• _How to complete this task_: Beginning at the line that contains "stored : Ledger → LedgerFile", repeat every line of the listing exactly through the final one.
──────── Source records ────────
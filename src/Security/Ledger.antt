-- ===== src/Security/Ledger.antt =====
-- security.py: the ledger of approvals, outside every project. The file is read and written whole; what
-- JSON it may hold beside what `_save_approvals` writes is `unsupported`.
use mathlib.Core.Option
use derico_sandbox.Errors.{Result, err, ok, security_error, unreadable_ledger, unsupported_ledger}
use derico_sandbox.Prelude.{List, String, [], nat_Eq, string_Eq}
use derico_sandbox.Prelude.Dict.{Dict, get}

pub record Approvals : Type 0 where
  pub mounts : List String
  pub firewall : List String
  -- absent in the file until the first publication
  pub publish : List String

abbrev no_approvals : Approvals
no_approvals = record { mounts = []; firewall = []; publish = [] }

abbrev pub Ledger : Type 0
Ledger = Dict String Approvals

pub data LedgerFile : Type 0 where
  missing unreadable unsupported : LedgerFile
  stored : Ledger → LedgerFile

-- `_load_approvals`
unfoldable pub load_approvals : LedgerFile → Result Ledger
load_approvals missing = ok []
load_approvals unreadable = err (security_error unreadable_ledger)
load_approvals unsupported = err (security_error unsupported_ledger)
load_approvals (stored ledger) = ok ledger

-- `ledger["projects"].setdefault(key, {"mounts": [], "firewall": []})`
abbrev pub approvals_of : Ledger → String → Approvals
approvals_of ledger key = Option.get_or (get ledger key) no_approvals

-- What the ledger file grants a project: nothing, if it cannot be read.
abbrev pub granted : LedgerFile → String → Approvals
granted file key = elim (load_approvals file) [
  | ok ledger ↦ approvals_of ledger key
  | err e ↦ no_approvals
]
────────
• _Task output_:
  stored : Ledger → LedgerFile

-- `_load_approvals`
unfoldable pub load_approvals : LedgerFile → Result Ledger
load_approvals missing = ok []
load_approvals unreadable = err (security_error unreadable_ledger)
load_approvals unsupported = err (security_error unsupported_ledger)
load_approvals (stored ledger) = ok ledger

-- `ledger["projects"].setdefault(key, {"mounts": [], "firewall": []})`
abbrev pub approvals_of : Ledger → String → Approvals
approvals_of ledger key = Option.get_or (get ledger key) no_approvals

-- What the ledger file grants a project: nothing, if it cannot be read.
abbrev pub granted : LedgerFile → String → Approvals
granted file key = elim (load_approvals file) [
  | ok ledger ↦ approvals_of ledger key
  | err e ↦ no_approvals
]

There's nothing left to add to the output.